What issues are you having with it?


----------



## 6GRILLZNTN (Jun 17, 2019)

We need more details.  What were your complaints, and why did you have to finish in the oven?


----------



## Steve H (Jun 18, 2019)

Not getting to temp? What is the issue?


----------



## Jabiru (Jun 18, 2019)

My smoking mate bought one of these and is also having hard time making & keeping temp, we threw a welding blanket over it and it made a big difference.

He also changed to heat beads instead of charcoal.

Might help?


----------



## Steve H (Jun 18, 2019)

Jabiru said:


> My smoking mate bought one of these and is also having hard time making & keeping temp, we threw a welding blanket over it and it made a big difference.
> 
> He also changed to heat beads instead of charcoal.
> 
> Might help?



Heat beads. I haven't heard of those before. I did a quick read. And they sound interesting. I'll need to see if I can get them on this side of the pond.


----------



## Jabiru (Jun 18, 2019)

Maybe briquettes over your way? they seem to hold steadier & longer lasting temp. 

https://heatbeads.com.au/products/

Normally I use charcoal & wood for my smokers.

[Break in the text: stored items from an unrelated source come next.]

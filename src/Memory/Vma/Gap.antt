-- ===== src/Memory/Vma/Gap.antt =====
-- `scan` and `vma_find_free_region` (`src/memory/vma.c`).
use reddyos_osdev.Base.{
  ℕ, ◌+◌, ◌-◌, ◌%◌, ◌^◌, ◌≤◌, ◌<◌, ◌≡◌, ◌⊎◌, inl, inr, refl, sym, subst, true, false, List, [], ◌∷◌,
  ◌++◌, leb, All, All-append, All-map, arith, Bool-cases,
}
use reddyos_osdev.Base.Outcome.{done}
use reddyos_osdev.Memory.Page.{add64, sub64}
use reddyos_osdev.Memory.BsTree.{BsTree, Shape, leaf, node, order, Among}
use reddyos_osdev.Memory.Vma.{VmArea, Vm, vma_base, areas, scan, vma_find_free_region, vma_overlaps}
use reddyos_osdev.Memory.Vma.Search.{
  Disjoint, InRange, Before, Disjoint-middle, All-left, All-right, IsValid, vma_overlaps_lem,
}

-- What holds of all in a list holds of one of them.
pub All_at : (P : ℕ → Type 0) (b : ℕ) (xs : List ℕ) → Among b xs → All P xs → P b
All_at P b [] m h = absurd m
All_at P b (x ∷ xs) (inl e) h = subst P (sym e) h.0
All_at P b (x ∷ xs) (inr m) h = All_at P b xs m h.1

module _ (area : ℕ → VmArea) where
  Disjoint-left : (xs ys : List ℕ) → Disjoint area (xs ++ ys) → Disjoint area xs
  Disjoint-left [] ys d = tt
  Disjoint-left (x ∷ xs) ys d = (d.0, All-left _ xs ys d.1, Disjoint-left xs ys d.2)

  abbrev pub EndsBy : ℕ → List ℕ → Type 0
  EndsBy m xs = All (λ b. (area b).end ≤ m) xs

  -- No area between `p` and `p + len`.
  abbrev pub Free : ℕ → ℕ → List ℕ → Type 0
  Free p len xs = All (λ b. ((area b).end ≤ p) ⊎ (p + len ≤ (area b).start)) xs

  -- What `scan` has found behind `low` in some areas: no gap, and `last_end` is the end of the last; or
  -- a gap, of which the start is both in `result` and in `last_end`.
  abbrev Scanned : ℕ → ℕ → List ℕ → ℕ × ℕ → Type 0
  Scanned len low xs st =
      ((st.1 ≡ 0)
        × (low ≤ st.0)
        × (st.0 % 4096 ≡ 0)
        × EndsBy st.0 xs
        × ((m : ℕ) → low ≤ m → EndsBy m xs → st.0 ≤ m))
      ⊎ ((st.1 ≡ st.0)
          × (low ≤ st.0)
          × (st.0 % 4096 ≡ 0)
          × Free st.0 len xs
          × ((m : ℕ) → EndsBy m xs → st.0 + len ≤ m))

module _ (bt : BsTree) (s : Vm bt) (len : ℕ) (some_len : 0 < len) (small : len < 2 ^ 63) where
  -- A gap that ends by the start of `a`, behind everything in `xs`.
  gap :
      (low p a : ℕ) (xs ys : List ℕ)
      → low ≤ p
      → p % 4096 ≡ 0
      → Free s.area p len xs
      → p + len ≤ (s.area a).start
      → Disjoint s.area (a ∷ ys)
      → Scanned s.area len low (xs ++ a ∷ ys) (p, p)
  gap low p a xs ys le al free fits d = inr (
    refl,
    le,
    al,
    All-append _ xs (a ∷ ys) free
        (inr fits, All-map _ _ ys (λ b h. inr (omega (arith, fits, d.0, h))) d.1),
    λ m ends. omega (arith, (All-right _ xs (a ∷ ys) ends).0, fits, d.0),
  )

  -- What is found behind `a`, seen from before it.
  behind :
      (low a : ℕ) (xs ys : List ℕ) (st : ℕ × ℕ)
      → low ≤ (s.area a).start
      → All (Before s.area a) xs
      → Disjoint s.area (a ∷ ys)
      → Scanned s.area len (s.area a).end ys st
      → Scanned s.area len low (xs ++ a ∷ ys) st
  behind low a xs ys st le before here (inl (res, from, al, ends, least)) = inl (
    res,
    omega (arith, le, from, here.0),
    al,
    All-append _ xs (a ∷ ys) (All-map _ _ xs (λ b h. omega (arith, h.1, here.0, from)) before)
        (from, ends),
    λ m _ all. let rest = All-right _ xs (a ∷ ys) all in least m rest.0 rest.1,
  )
  behind low a xs ys st le before here (inr (res, from, al, free, last)) = inr (
    res,
    omega (arith, le, from, here.0),
    al,
    All-append _ xs (a ∷ ys) (All-map _ _ xs (λ b h. inl (omega (arith, h.1, here.0, from))) before)
        (inl from, free),
    λ m all. last m (All-right _ xs (a ∷ ys) all).1,
  )

  scan_lem :
      (sh : Shape) (low : ℕ)
      → Disjoint s.area (order sh)
      → All (λ b. InRange (s.area b)) (order sh)
      → All (λ b. low ≤ (s.area b).start) (order sh)
      → 0 < low
      → low % 4096 ≡ 0
      → low < 2 ^ 63
      → Scanned s.area len low (order sh) (scan bt s len sh (low, 0))
  unfolding scan
  scan_lem leaf low d r above z al sm = inl (refl, omega arith, al, tt, λ m h e. h)
  scan_lem (node l a r) low d rg above z al sm =
      let (before, here) = Disjoint-middle s.area (order l) a (order r) d in
      let range = All-right _ (order l) (a ∷ order r) rg in
      elim (scan_lem l low (Disjoint-left s.area (order l) (a ∷ order r) d)
        (All-left _ (order l) (a ∷ order r) rg) (All-left _ (order l) (a ∷ order r) above) z al
        sm) [
          | inr (res, le, al', free, last) ↦
              let p = (scan bt s len l (low, 0)).0 in
              let fits : p + len ≤ (s.area a).start =
                last (s.area a).start (All-map _ _ (order l) (λ b h. h.1) before) in
              let wide : leb len (sub64 (s.area a).start p) ≡ true =
                ground (arith, fits, range.0.1, here.0) in
              rw wide (gap low p a (order l) (order r) le al' free fits here)
          | inl (res, le, al', ends, least) ↦
              let p = (scan bt s len l (low, 0)).0 in
              let below : p ≤ (s.area a).start =
                least (s.area a).start (All-right _ (order l) (a ∷ order r) above).0
                  (All-map _ _ (order l) (λ b h. h.1) before) in
              elim (Bool-cases (leb len (sub64 (s.area a).start p))) [
                | inl wide ↦
                    let fits : p + len ≤ (s.area a).start =
                      ground (arith, below, range.0.1, here.0) in
                    rw wide (
                      gap low p a (order l) (order r) le al'
                        (All-map _ _ (order l) (λ b h. inl h) ends) fits here)
                | inr narrow ↦
                    rw (narrow, res)
                      (behind low a (order l) (order r) _
                        (All-right _ (order l) (a ∷ order r) above).0 before here
                        (scan_lem r (s.area a).end here.2 range.1 here.1 (omega (arith, here.0))
                          range.0.3 range.0.1))
              ]
        ]

-- No area meets a gap.
Free-overlap :
    (bt : BsTree) (s : Vm bt) (p len : ℕ)
    → IsValid bt s
    → Free s.area p len (areas bt s)
    → p + len < 2 ^ 64
    → vma_overlaps bt s p (add64 p len) ≡ done false
Free-overlap bt s p len v free fits =
    let e : add64 p len ≡ p + len = omega (arith, fits) in
    rw e (elim (vma_overlaps_lem bt s p (p + len) v) [
      | inr (run, misses) ↦ run
      | inl (run, b, among, meets) ↦ elim (All_at _ b (areas bt s) among free) [
        | inl before ↦ absurd (omega (arith, meets.0, before))
        | inr behind' ↦ absurd (omega (arith, meets.1, behind'))
      ]
    ])

region_of :
    (bt : BsTree) (s : Vm bt) (len : ℕ) (st : ℕ × ℕ)
    → scan bt s len (bt.shape s.tree) (vma_base, 0) ≡ st
    → vma_overlaps bt s st.0 (add64 st.0 len) ≡ done false
    → (st.1 ≡ 0) ⊎ (st.1 ≡ st.0)
    → vma_find_free_region bt s len ≡ done st.0
unfolding vma_find_free_region
region_of bt s len st e free (inl z) = rw (e, free, z) refl
region_of bt s len st e free (inr z) = rw (e, free, z) (ground arith)

-- On areas in order, `vma_find_free_region` of some length below 2 ^ 63 gives the start of a page,
-- in the part of the address space for areas, from which on no area meets the length asked for; it
-- lies no further up than the end of the last area.
pub vma_find_free_region_lem :
    (bt : BsTree) (s : Vm bt) (len : ℕ)
    → IsValid bt s
    → 0 < len
    → len < 2 ^ 63
    → (p : ℕ) × (vma_find_free_region bt s len ≡ done p)
      × (vma_base ≤ p)
      × (p % 4096 ≡ 0)
      × Free s.area p len (areas bt s)
      × ((m : ℕ) → vma_base ≤ m → EndsBy s.area m (areas bt s) → p ≤ m)
unfolding vma_find_free_region
vma_find_free_region_lem bt s len v some_len small =
    let above = All-map _ _ (areas bt s) (λ b h. h.0) v.range in
    let st = scan bt s len (bt.shape s.tree) (vma_base, 0) in
    let top : EndsBy s.area (2 ^ 63 - 1) (areas bt s) =
      All-map _ _ (areas bt s) (λ b h. omega (arith, h.1)) v.range in
    elim (scan_lem bt s len some_len small (bt.shape s.tree) vma_base v.apart v.range above
      (omega arith) refl (omega arith)) [
        | inl (res, le, al, ends, least) ↦
            let free : Free s.area st.0 len (areas bt s) =
              All-map _ _ (areas bt s) (λ b h. inl h) ends in
            let sm : st.0 ≤ 2 ^ 63 - 1 = least (2 ^ 63 - 1) (omega arith) top in
            (
              st.0,
              region_of bt s len st refl
                  (Free-overlap bt s st.0 len v free (omega (arith, sm, small))) (inl res),
              le,
              al,
              free,
              least,
            )
        | inr (res, le, al, free, last) ↦
            let sm : st.0 + len ≤ 2 ^ 63 - 1 = last (2 ^ 63 - 1) top in
            (
              st.0,
              region_of bt s len st refl (Free-overlap bt s st.0 len v free (omega (arith, sm)))
                  (inr res),
              le,
              al,
              free,
              λ m _ ends. omega (arith, last m ends),
            )
      ]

What did you use for cooking the ribs or normally use.


----------



## Steve H (Jun 18, 2019)

Jabiru said:


> Maybe briquettes over your way? they seem to hold steadier & longer lasting temp.
> 
> https://heatbeads.com.au/products/
> 
> ...



They don't seem to have any of their products over this way. I have a charcoal smoker. And add wood chips to it. Most of my smokes lately have been on my electric smoker.


----------



## bluewhisper (Jun 18, 2019)

You just need some practice with it. Try modest stuff like chicken pieces to get the hang of it.

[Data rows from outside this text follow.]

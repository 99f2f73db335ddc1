-- ===== src/Memory/Vma/Mapping.antt =====
-- A new area in the tree, and `do_sys_mmap` (`src/memory/vma.c`, `src/syscalls/memory/memory.c`).
use reddyos_osdev.Base.{
  ℕ, ◌+◌, ◌*◌, ◌/◌, ◌%◌, ◌^◌, ◌≤◌, ◌<◌, ◌≡◌, ◌≢◌, ◌⊎◌, inl, inr, refl, ap, sym, subst, Bool, true,
  false, List, [], ◌∷◌, ltb, ◌==◌, if◌then◌else◌, All, All-map, arith, Bool-cases,
}
use reddyos_osdev.Base.Int.{pos}
use reddyos_osdev.Base.Outcome.{done}
use reddyos_osdev.Memory.Page.{add64, page_size, align_up, align_up_page}
use reddyos_osdev.Memory.BsTree.{BsTree, insert_sorted}
use reddyos_osdev.Memory.Vma.{
  VmArea, Vm, vma_base, vma_start, areas, put_area, empty_area, vma_file, new_area, vma_insert,
  mmap_region, do_sys_mmap,
}
use reddyos_osdev.Memory.Vma.Search.{Disjoint, InRange, Disjoint-Increasing, IsValid}
use reddyos_osdev.Memory.Vma.Gap.{Free, EndsBy, vma_find_free_region_lem}

-- Different from every one of the list.
abbrev pub Unlisted : ℕ → List ℕ → Type 0
Unlisted a xs = All (λ b. b ≢ a) xs

pub All-both : (P Q : ℕ → Type 0) (xs : List ℕ) → All P xs → All Q xs → All (λ b. P b × Q b) xs
All-both P Q [] p q = tt
All-both P Q (x ∷ xs) p q = ((p.0, q.0), All-both P Q xs p.1 q.1)

pub Disjoint-long :
    (area : ℕ → VmArea) (xs : List ℕ)
    → Disjoint area xs
    → All (λ b. (area b).start < (area b).end) xs
Disjoint-long area [] d = tt
Disjoint-long area (x ∷ xs) d = (d.0, Disjoint-long area xs d.2)

-- Only the bounds of the areas in the list matter.
pub Disjoint-frame :
    (area area' : ℕ → VmArea) (xs : List ℕ)
    → All (λ b. ((area' b).start ≡ (area b).start) × ((area' b).end ≡ (area b).end)) xs
    → Disjoint area xs
    → Disjoint area' xs
Disjoint-frame area area' [] same d = tt
Disjoint-frame area area' (x ∷ xs) same d = (
  omega (arith, same.0.0, same.0.1, d.0),
  All-map _ _ xs (λ b h. omega (arith, h.0.0, h.1, same.0.1))
      (All-both _ (λ b. (area x).end ≤ (area b).start) xs same.1 d.1),
  Disjoint-frame area area' xs same.1 d.2,
)

pub All-insert_sorted :
    (P : ℕ → Type 0) (value : ℕ → ℕ) (a : ℕ) (xs : List ℕ)
    → P a
    → All P xs
    → All P (insert_sorted value a xs)
All-insert_sorted P value a [] p h = (p, tt)
All-insert_sorted P value a (x ∷ xs) p h = elim (Bool-cases (ltb (value a) (value x))) [
  | inl before ↦ rw before (p, h)
  | inr behind ↦ rw behind (h.0, All-insert_sorted P value a xs p h.1)
]

-- Two areas of which one ends before the other begins.
abbrev pub Beside : VmArea → VmArea → Type 0
Beside x y = (y.end ≤ x.start) ⊎ (x.end ≤ y.start)

pub Disjoint-insert_sorted :
    (area : ℕ → VmArea) (a : ℕ) (xs : List ℕ)
    → Disjoint area xs
    → (area a).start < (area a).end
    → All (λ b. Beside (area a) (area b)) xs
    → Disjoint area (insert_sorted (λ k. (area k).start) a xs)
Disjoint-insert_sorted area a [] d some_bytes beside = (some_bytes, tt, tt)
Disjoint-insert_sorted area a (x ∷ xs) d some_bytes beside =
    elim (Bool-cases (ltb (area a).start (area x).start)) [
      | inl before ↦
          let lt : (area a).start < (area x).start = ground arith in
          let le : (area a).end ≤ (area x).start = elim beside.0 [
            | inl h ↦ omega (arith, h, lt, d.0)
            | inr h ↦ h
          ] in
          rw before (some_bytes, (le, All-map _ _ xs (λ b h. omega (arith, le, d.0, h)) d.1), d)
      | inr behind ↦
          let ge : (area x).start ≤ (area a).start = ground arith in
          let le : (area x).end ≤ (area a).start = elim beside.0 [
            | inl h ↦ h
            | inr h ↦ absurd (omega (arith, h, ge, some_bytes))
          ] in
          rw behind (
            d.0,
            All-insert_sorted (λ b. (area x).end ≤ (area b).start) (λ k. (area k).start) a xs le
                d.1,
            Disjoint-insert_sorted area a xs d.2 some_bytes beside.1,
          )
    ]

module _ (bt : BsTree) where
  -- The state with the area `vma` at `a` in the tree.
  abbrev pub with_area : Vm bt → ℕ → VmArea → Vm bt
  with_area s a vma = vma_insert bt a (put_area bt s a vma)

  pub put_self : (s : Vm bt) (a : ℕ) (vma : VmArea) → (put_area bt s a vma).area a ≡ vma
  put_self s a vma = let same : (a == a) ≡ true = ground arith in rw same refl

  pub put_other :
      (s : Vm bt) (a b : ℕ) (vma : VmArea) → b ≢ a → (put_area bt s a vma).area b ≡ s.area b
  put_other s a b vma ne = let other : (b == a) ≡ false = ground (arith, ne) in rw other refl

  -- An area beside all others hangs in the tree in its place.
  pub with_area-IsValid :
      (s : Vm bt) (a : ℕ) (vma : VmArea)
      → IsValid bt s
      → Unlisted a (areas bt s)
      → InRange vma
      → vma.start < vma.end
      → All (λ b. Beside vma (s.area b)) (areas bt s)
      → (areas bt (with_area s a vma)
          ≡ insert_sorted (vma_start bt (put_area bt s a vma)) a (areas bt s))
        × IsValid bt (with_area s a vma)
  unfolding vma_insert
  with_area-IsValid s a vma v new range some_bytes beside =
      let s1 = put_area bt s a vma in
      let xs = areas bt s in
      let here = put_self s a vma in
      let same =
        All-map (λ b. b ≢ a) (λ b. s1.area b ≡ s.area b) xs (λ b ne. put_other s a b vma ne) new in
      let d : Disjoint s1.area xs =
        Disjoint-frame s.area s1.area xs
          (All-map _ _ xs (λ b e. (ap (λ (k : VmArea). k.start) e, ap (λ (k : VmArea). k.end) e))
            same)
          v.apart in
      let long : (s1.area a).start < (s1.area a).end =
        subst (λ (k : VmArea). k.start < k.end) (sym here) some_bytes in
      let beside' : All (λ b. Beside (s1.area a) (s1.area b)) xs =
        All-map _ _ xs
          (λ b h.
            subst (λ (k : VmArea). Beside k (s1.area b)) (sym here)
              (subst (Beside vma) (sym h.1) h.0))
          (All-both (λ b. Beside vma (s.area b)) (λ b. s1.area b ≡ s.area b) xs beside same) in
      let placed : areas bt (with_area s a vma) ≡ insert_sorted (vma_start bt s1) a xs =
        bt.order-insert (vma_start bt s1) a s.tree (Disjoint-Increasing s1.area xs d) (
          All-map _ _ xs
            (λ b h e. elim h.0 [
              | inl p ↦ absurd (omega (arith, p, e, h.1))
              | inr p ↦ absurd (omega (arith, p, e, long))
            ])
            (All-both (λ b. Beside (s1.area a) (s1.area b))
              (λ b. (s1.area b).start < (s1.area b).end) xs beside'
              (Disjoint-long s1.area xs d))) in
      (
        placed,
        record {
          apart =
              subst (Disjoint s1.area) (sym placed)
                (Disjoint-insert_sorted s1.area a xs d long beside');
          range = subst (All (λ b. InRange (s1.area b))) (sym placed) (
              All-insert_sorted _ (vma_start bt s1) a xs (subst InRange (sym here) range) (
                All-map _ _ xs (λ b h. subst InRange (sym h.1) h.0)
                  (All-both (λ b. InRange (s.area b)) (λ b. s1.area b ≡ s.area b) xs v.range
                    same)));
        },
      )

-- What `mmap` is asked for: memory of its own, or a file whose node can answer a fault.
abbrev pub Mappable : (ℕ → Bool) → ℕ → Type 0
Mappable has_fault file = (file ≡ 0) ⊎ ((file ≢ 0) × (has_fault file ≡ true))

-- The area that `mmap_region` makes.
abbrev pub mapped_area : ℕ → ℕ → ℕ → ℕ → ℕ → VmArea
mapped_area file addr len vm_flags pgoff =
    let vma : VmArea = record empty_area {
      start = addr;
      end = add64 addr len;
      vm_flags = vm_flags;
    } in
    if file == 0 then vma else record vma { kind = vma_file; file = file; pgoff = pgoff }

mapped_area_bounds :
    (file addr len vm_flags pgoff : ℕ)
    → ((mapped_area file addr len vm_flags pgoff).start ≡ addr)
      × ((mapped_area file addr len vm_flags pgoff).end ≡ add64 addr len)
mapped_area_bounds file addr len vm_flags pgoff = elim (Bool-cases (file == 0)) [
  | inl e ↦ rw e (refl, refl)
  | inr e ↦ rw e (refl, refl)
]

-- A gap between pages has room for whole pages.
whole_pages :
    (area : ℕ → VmArea) (p len : ℕ) (xs : List ℕ)
    → p % 4096 ≡ 0
    → All (λ b. InRange (area b)) xs
    → Free area p len xs
    → Free area p ((len + 4095) / 4096 * 4096) xs
whole_pages area p len xs al range free =
    All-map _ _ xs
      (λ b h. elim h.1 [
        | inl before ↦ inl before
        | inr behind ↦ inr (omega (arith, behind, al, h.0.2))
      ])
      (All-both (λ b. InRange (area b)) _ xs range free)

module _ (bt : BsTree) where
  pub new_area_lem :
      (vma : VmArea) (s : Vm bt) (a : ℕ) (more : List ℕ)
      → s.fresh ≡ a ∷ more
      → a ≢ 0
      → new_area bt vma s ≡ done (a, put_area bt (record s { fresh = more }) a vma)
  unfolding new_area
  new_area_lem vma s a more e z =
      let some_address : (a == 0) ≡ false = ground (arith, z) in
      rw (e, new_area) (rw some_address refl)

  mmap_region_lem :
      (enodev : ℕ) (has_fault : ℕ → Bool) (file addr len vm_flags pgoff : ℕ) (s : Vm bt) (a : ℕ)
      (more : List ℕ)
      → s.fresh ≡ a ∷ more
      → a ≢ 0
      → Mappable has_fault file
      → mmap_region bt enodev has_fault file addr len vm_flags pgoff s
        ≡ done (
          pos addr,
          with_area bt (record s { fresh = more }) a (mapped_area file addr len vm_flags pgoff),
        )
  unfolding mmap_region
  mmap_region_lem enodev has_fault file addr len vm_flags pgoff s a more e z (inl anon) =
      let anon' : (file == 0) ≡ true = ground (arith, anon) in
      rw (anon', new_area_lem _ s a more e z) refl
  mmap_region_lem enodev has_fault file addr len vm_flags pgoff s a more e z (inr (f, can)) =
      let backed : (file == 0) ≡ false = ground (arith, f) in
      rw (backed, can, new_area_lem _ s a more e z) refl

  -- On areas in order, `mmap` of some bytes, of no file or of one whose node can answer a fault,
  -- with memory for the new area and room above the last one, gives the start of whole pages that
  -- no area met, and adds an area for exactly these; the areas stay in order, and the others as
  -- they are.
  pub do_sys_mmap_lem :
      (einval enomem enodev : ℕ) (has_fault : ℕ → Bool) (file len offset : ℕ) (s : Vm bt) (a : ℕ)
      (more : List ℕ) (top : ℕ)
      → IsValid bt s
      → s.fresh ≡ a ∷ more
      → a ≢ 0
      → Unlisted a (areas bt s)
      → Mappable has_fault file
      → 0 < len
      → vma_base ≤ top
      → EndsBy s.area top (areas bt s)
      → top + len + 4096 < 2 ^ 63
      → (p : ℕ) × (s' : Vm bt) × (do_sys_mmap bt einval enomem enodev has_fault file len offset s
          ≡ done (pos p, s'))
        × IsValid bt s'
        × (areas bt s' ≡ insert_sorted (vma_start bt s') a (areas bt s))
        × (s'.area a ≡ mapped_area file p ((len + 4095) / 4096 * 4096) 0 offset)
        × ((b : ℕ) → b ≢ a → s'.area b ≡ s.area b)
        × Free s.area p ((len + 4095) / 4096 * 4096) (areas bt s)
        × (p % 4096 ≡ 0)
  unfolding do_sys_mmap vma_insert
  do_sys_mmap_lem einval enomem enodev has_fault file len offset s a more top v e z new ok some_len
        low ends room =
      let (p, found, base, al, free, least) =
        vma_find_free_region_lem bt s len v some_len (omega arith) in
      let n = (len + 4095) / 4096 * 4096 in
      let up : align_up len page_size ≡ n = align_up_page len (omega arith) in
      let below : p ≤ top = least top low ends in
      let some_pages : (n == 0) ≡ false = ground (arith, some_len) in
      let some_place : (p == 0) ≡ false = ground (arith, base) in
      let end' : add64 p n ≡ p + n = omega (arith, below, room) in
      let vma = mapped_area file p n 0 offset in
      let bounds = mapped_area_bounds file p n 0 offset in
      let wide : Free s.area p n (areas bt s) =
        whole_pages s.area p len (areas bt s) al v.range free in
      let r =
        with_area-IsValid bt (record s { fresh = more }) a vma
          (record { apart = v.apart; range = v.range }) new
          (
            omega (arith, bounds.0, base),
            omega (arith, bounds.1, end', below, room),
            omega (arith, bounds.0, al),
            omega (arith, bounds.1, end', al),
          )
          (omega (arith, bounds.0, bounds.1, end', some_len))
          (All-map _ _ (areas bt s)
            (λ b h. elim h [
              | inl before ↦ inl (omega (arith, before, bounds.0))
              | inr behind ↦ inr (omega (arith, behind, bounds.1, end'))
            ])
            wide) in
      (
        p,
        with_area bt (record s { fresh = more }) a vma,
        rw (up, some_pages, found, some_place)
            (mmap_region_lem enodev has_fault file p n 0 offset s a more e z ok),
        r.1,
        r.0,
        put_self bt s a vma,
        (λ b ne. put_other bt s a b vma ne),
        wide,
        al,
      )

Offsets do want a lot of attention. You'll get to know each other.


----------



## George C Maupin (Jun 18, 2019)

Getting the smoker up to temp and holding temp. I will be needing to add a second temp gage grate level but the one that came with the smoker barely got over 200 .


----------



## George C Maupin (Jun 18, 2019)

5GRILLZNTN said:


> We need more details.  What were your complaints, and why did you have to finish in the oven?


Could not hold a temp and my family was getting hungry


----------



## whollyschmitz (May 18, 2020)

I've had the same issues. I have a really tough time keeping the coals above 200. I sometimes will have to light up a second chimney of hot coals to add and that will give me like 45 min of heat. I'm trying to use a welding blanket, I think its helping a little bit. but not a ton. Is that just because this grill is not super high quality, with another smoker do people have this same problem?


----------



## JWFokker (May 18, 2020)

Lump charcoal burns hotter than briquettes/heat beads. Wood burns hotter than lump. Open your exhaust damper fully and even crack the firebox door if you need to get more air to the fire. Can you post an image of the intake vent? It's probably undersized.

Regardless of how poorly it built, you should be able to get it up to 250-300 with lump charcoal and wood chunks.


----------